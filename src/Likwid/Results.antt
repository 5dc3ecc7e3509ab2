-- ===== src/Likwid/Results.antt =====
-- The part of CLikwidPerfctr::measureSets that turns likwid's values into data points.
use xbat_ginkgo.Base.{
  ℕ, zero, suc, ◌+◌, ◌%◌, Bool, true, false, not, ◌&&◌, ◌||◌, List, [], ◌∷◌, ◌++◌, Option, none,
  some, Bytes, codes, if◌then◌else◌, ◌==◌, drop,
}
use xbat_ginkgo.Base.Float.{Double}
use xbat_ginkgo.Base.Maps.{Map, lookup, lookup_or, bytes_key, bytes_eq, nat_key}
use xbat_ginkgo.Base.Outcome.{Outcome, done, faults, or_fault, ◌>>=◌}
use xbat_ginkgo.Cpu.{HwThread, no_thread}
use xbat_ginkgo.Likwid.{Metrics, MetricMeta}
use xbat_ginkgo.Queue.{Ilp, Tags}
use xbat_ginkgo.Text.{is_digit, is_prefix, is_empty, find, split_str, trim_whitespaces}
use xbat_ginkgo.Text.Numbers.{to_string}
use xbat_ginkgo.Topology.{CpuTopology}

unfoldable pub all_digits : Bytes → Bool
all_digits [] = true
all_digits (c ∷ s) = is_digit c && all_digits s

abbrev some_digits : Bytes → Bool
some_digits [] = false
some_digits (c ∷ s) = all_digits (c ∷ s)

-- `std::regex_match` with MEM\d+
unfoldable pub is_channel_set : Bytes → Bool
unfolding all_digits
is_channel_set set = is_prefix (codes "MEM") set && some_digits (drop 3 set)

-- The gids of the sets that hold memory channels. A pair is an entry of `gids` with that of `setList`.
unfoldable pub channel_gids : List (ℕ × Bytes) → List ℕ
unfolding is_channel_set
channel_gids [] = []
channel_gids ((gid, set) ∷ sets) =
    if is_channel_set set then gid ∷ channel_gids sets else channel_gids sets

-- The name up to the mark, if it holds the mark.
unfoldable pub cut_at : Bytes → Bytes → Outcome Bytes
cut_at mark name = elim (find mark name) [
  | none ↦ done name
  | some p ↦ (do
    split ← or_fault (split_str name mark)
    elim split [ [] ↦ faults | part ∷ parts ↦ done part ])
]

-- Without the unit and without what stands in parentheses.
unfoldable pub metric_name : Bytes → Outcome Bytes
unfolding cut_at
metric_name raw = do
  no_unit ← cut_at (codes "[") raw
  no_info ← cut_at (codes "(") no_unit
  done (trim_whitespaces no_info false)

abbrev pub thread_at : CpuTopology → ℕ → HwThread
thread_at topology l = lookup_or no_thread l topology.hw_threads

unfoldable pub likwid_tags : Bytes → HwThread → Tags
likwid_tags level t =
    (codes "core", t.core)
    ∷ (codes "level", level)
    ∷ (codes "numa", t.numa)
    ∷ (codes "socket", t.socket)
    ∷ (codes "thread", to_string t.hw_thread)
    ∷ []

-- Only the first thread of the first core of a socket has the values of the socket.
unfoldable pub is_left_out : CpuTopology → Bytes → ℕ → Bool
is_left_out topology level l =
    bytes_eq level (codes "socket")
    && (not (l % topology.cores_per_socket == 0)
        || not (bytes_eq (thread_at topology l).thread (codes "0")))

abbrev pub meta_of : Option (Map Bytes MetricMeta) → Bytes → Option MetricMeta
meta_of none name = none
meta_of (some mapping) name = lookup name mapping

module _ {ℓ} {W : Type ℓ} ⦃d : Double W⦄ where
  -- The sum over the channels' sets, which passes over what is not a number.
  unfoldable pub channel_sum : (ℕ → W) → List ℕ → W → W
  channel_sum value [] sum = sum
  channel_sum value (gid ∷ gids) sum =
      channel_sum value gids (if d.is_nan (value gid) then sum else d.add sum (value gid))

  unfoldable pub or_zero : W → W
  or_zero value = if d.is_nan value then d.of_ℕ 0 else value

  -- The loop over the `n` CPUs from index `l` on.
  unfoldable pub cpu_loop :
      CpuTopology → (ℕ → W) → MetricMeta → Bytes → ℕ → ℕ → ℕ → Outcome (List (Ilp W))
  unfolding likwid_tags is_left_out or_zero
  cpu_loop topology value meta level ts zero l = done []
  cpu_loop topology value meta level ts (suc n) l =
      let rest = cpu_loop topology value meta level ts n (l + 1) in
      if bytes_eq level (codes "socket") && topology.cores_per_socket == 0
      then faults
      else if is_left_out topology level l
      then rest
      else if bytes_eq level (codes "node") && not (l == 0)
      then done []
      else (do
        points ← rest
        done (
            record {
              measurement = meta.label;
              tags = likwid_tags level (thread_at topology l);
              value = d.mul (or_zero (value l)) (d.of_ℤ meta.scale);
              ts = ts;
            }
            ∷ points))

  -- Whether the metric is in the file, and what is done with it then.
  unfoldable pub metric_points :
      CpuTopology → Option MetricMeta → (ℕ → W) → ℕ → ℕ → Outcome (List (Ilp W))
  unfolding cpu_loop
  metric_points topology none value ts cpus = done []
  metric_points topology (some meta) value ts cpus =
      let collection_level = if topology.smt then codes "thread" else codes "core" in
      let level = if is_empty meta.level then collection_level else meta.level in
      cpu_loop topology value meta level ts cpus 0

  -- The loop over the metrics of a set, from number `k` on; `value k l` is the value on CPU `l`.
  unfoldable pub metrics_loop :
      CpuTopology
      → Option (Map Bytes MetricMeta)
      → (ℕ → ℕ → W)
      → ℕ
      → ℕ
      → List Bytes
      → ℕ
      → Outcome (List (Ilp W))
  unfolding metric_name metric_points
  metrics_loop topology mapping value ts cpus [] k = done []
  metrics_loop topology mapping value ts cpus (raw ∷ names) k = do
    name ← metric_name raw
    points ← metric_points topology (meta_of mapping name) (value k) ts cpus
    more ← metrics_loop topology mapping value ts cpus names (k + 1)
    done (points ++ more)

  -- One set. The first of the channels' sets stands for all of them.
  unfoldable pub set_points :
      CpuTopology
      → Metrics
      → (ℕ → List Bytes)
      → (ℕ → ℕ → ℕ → W)
      → ℕ
      → ℕ
      → List ℕ
      → ℕ
      → Bytes
      → Outcome (List (Ilp W))
  unfolding metrics_loop channel_sum is_channel_set
  set_points topology metrics names value ts cpus channels gid set =
      if is_channel_set set
      then (if bytes_eq set (codes "MEM1")
          then metrics_loop topology (lookup (codes "MEM") metrics)
              (λ k l. channel_sum (λ m. value m k l) channels (d.of_ℕ 0)) ts cpus (names gid) 0
          else done [])
      else metrics_loop topology (lookup set metrics) (value gid) ts cpus (names gid) 0

  -- The loop over the sets.
  unfoldable pub sets_loop :
      CpuTopology
      → Metrics
      → (ℕ → List Bytes)
      → (ℕ → ℕ → ℕ → W)
      → ℕ
      → ℕ
      → List ℕ
      → List (ℕ × Bytes)
      → Outcome (List (Ilp W))
  unfolding set_points
  sets_loop topology metrics names value ts cpus channels [] = done []
  sets_loop topology metrics names value ts cpus channels ((gid, set) ∷ sets) = do
    points ← set_points topology metrics names value ts cpus channels gid set
    more ← sets_loop topology metrics names value ts cpus channels sets
    done (points ++ more)
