-- ===== src/Likwid/Sets.antt =====
-- The rest of CLikwidPerfctr::measureSets: the time for each set, the counters, and the overhead.
use xbat_ginkgo.Base.{
  ℕ, zero, suc, ◌+◌, ◌-◌, ◌*◌, ◌/◌, ◌%◌, ◌^◌, Bool, not, List, [], ◌∷◌, map, length, Bytes,
  if◌then◌else◌,
}
use xbat_ginkgo.Base.Float.{Double}
use xbat_ginkgo.Base.Int.{ℤ, pos, ltb_ℤ, pos_part}
use xbat_ginkgo.Base.Outcome.{Outcome, done, fails, faults, or_fault, ◌>>=◌}
use xbat_ginkgo.Collector.{sleep_milliseconds_and_check}
use xbat_ginkgo.Likwid.{Metrics, Prepared}
use xbat_ginkgo.Likwid.Results.{channel_gids, sets_loop}
use xbat_ginkgo.Queue.{Entry, double}
use xbat_ginkgo.Topology.{CpuTopology}

-- What the loop over the sets finds for one of them: the flag at its head, whether likwid sets up,
-- starts and stops the counters, the flag during the sleep, and the two overheads in microseconds.
pub record SetRun : Type 0 where
  pub terminate : Bool
  pub setup_ok : Bool
  pub start_ok : Bool
  pub overhead_before : ℕ
  pub sleep_flag : ℕ → Bool
  pub stop_ok : Bool
  pub overhead_after : ℕ

-- The values of one call: the runs of the sets, likwid's metrics, and the overhead of the end.
pub record Cycle {ℓ} (W : Type ℓ) : Type ℓ where
  pub run_of : ℕ → SetRun
  pub metric_names : ℕ → List Bytes
  pub last_metric : ℕ → ℕ → ℕ → W
  pub overhead_end : ℕ

-- How the loop over the counters ends: told to stop, or with the overheads added up and the time
-- slept.
pub data Counted : Type 0 where
  stopped : Counted
  counted : ℕ → ℕ → Counted

unfoldable pub count_sets : ℕ → (ℕ → SetRun) → List ℕ → ℕ → ℕ → Outcome Counted
count_sets set_time run_of [] overheads slept = done (counted overheads slept)
count_sets set_time run_of (gid ∷ gids) overheads slept =
    let r = run_of gid in
    if r.terminate
    then done stopped
    else if not r.setup_ok
    then fails
    else if not r.start_ok
    then fails
    else (do
      t ← or_fault (sleep_milliseconds_and_check r.sleep_flag (pos set_time))
      if not r.stop_ok
          then fails
          else count_sets set_time run_of gids (overheads + r.overhead_before + r.overhead_after)
              (slept + t))

-- `floor(predictedAvailableInterval / gids.size())`; the division by zero is before the test for it.
unfoldable pub set_time_of : ℕ → ℕ → Outcome ℕ
set_time_of available zero = faults
set_time_of available (suc n) = done (available / suc n)

-- `(cycleOverhead + 3 * (overhead / 1000)) / 4` in uint64_t.
unfoldable pub next_overhead : ℕ → ℕ → ℕ
next_overhead cycle_overhead overhead =
    (cycle_overhead + 3 * (overhead / 1000) % 2 ^ 64) % 2 ^ 64 / 4

abbrev pub zip_sets : List ℕ → List Bytes → List (ℕ × Bytes)
zip_sets [] sets = []
zip_sets (gid ∷ gids) [] = []
zip_sets (gid ∷ gids) (set ∷ sets) = (gid, set) ∷ zip_sets gids sets

-- What `measureSets` pushes, and the new `cycleOverhead`.
abbrev pub Measured {ℓ} : Type ℓ → Type ℓ
Measured W = List (Entry W) × ℕ

module _ {ℓ} {W : Type ℓ} ⦃d : Double W⦄ where
  unfoldable pub collect_sets :
      Prepared → CpuTopology → Metrics → ℕ → ℕ → Cycle W → Counted → Outcome (Measured W)
  unfolding sets_loop next_overhead channel_gids
  collect_sets p topology metrics ts cycle_overhead cycle stopped = done ([], cycle_overhead)
  collect_sets p topology metrics ts cycle_overhead cycle (counted overheads slept) = do
    let sets = zip_sets p.gids p.set_list
    points ←
        sets_loop topology metrics cycle.metric_names cycle.last_metric ts (length p.cpus)
          (channel_gids sets) sets
    done (map double points, next_overhead cycle_overhead (overheads + cycle.overhead_end))

  -- `ts` is the end of the interval, and `time_left` its rest in milliseconds.
  unfoldable pub measure_sets :
      Prepared → CpuTopology → Metrics → ℕ → ℤ → ℕ → Cycle W → Outcome (Measured W)
  unfolding set_time_of count_sets collect_sets
  measure_sets p topology metrics ts time_left cycle_overhead cycle =
      if ltb_ℤ time_left (pos cycle_overhead) then fails else (do
        set_time ← set_time_of (pos_part time_left - cycle_overhead) (length p.gids)
        c ← count_sets set_time cycle.run_of p.gids 0 0
        collect_sets p topology metrics ts cycle_overhead cycle c)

* What to work on *
Starting with the first line of the records above, give back each line exactly until the line with "some_digits (c ∷ s) = all_digits (c ∷ s)" has been given as well.

* Solution for this problem *
filename src/Likwid/Results.antt
repository 5dc3ecc7e3509ab2
-- ===== src/Likwid/Results.antt =====
-- The part of CLikwidPerfctr::measureSets that turns likwid's values into data points.
use xbat_ginkgo.Base.{
  ℕ, zero, suc, ◌+◌, ◌%◌, Bool, true, false, not, ◌&&◌, ◌||◌, List, [], ◌∷◌, ◌++◌, Option, none,
  some, Bytes, codes, if◌then◌else◌, ◌==◌, drop,
}
use xbat_ginkgo.Base.Float.{Double}
use xbat_ginkgo.Base.Maps.{Map, lookup, lookup_or, bytes_key, bytes_eq, nat_key}
use xbat_ginkgo.Base.Outcome.{Outcome, done, faults, or_fault, ◌>>=◌}
use xbat_ginkgo.Cpu.{HwThread, no_thread}
use xbat_ginkgo.Likwid.{Metrics, MetricMeta}
use xbat_ginkgo.Queue.{Ilp, Tags}
use xbat_ginkgo.Text.{is_digit, is_prefix, is_empty, find, split_str, trim_whitespaces}
use xbat_ginkgo.Text.Numbers.{to_string}
use xbat_ginkgo.Topology.{CpuTopology}

unfoldable pub all_digits : Bytes → Bool
all_digits [] = true
all_digits (c ∷ s) = is_digit c && all_digits s

abbrev some_digits : Bytes → Bool
some_digits [] = false
some_digits (c ∷ s) = all_digits (c ∷ s)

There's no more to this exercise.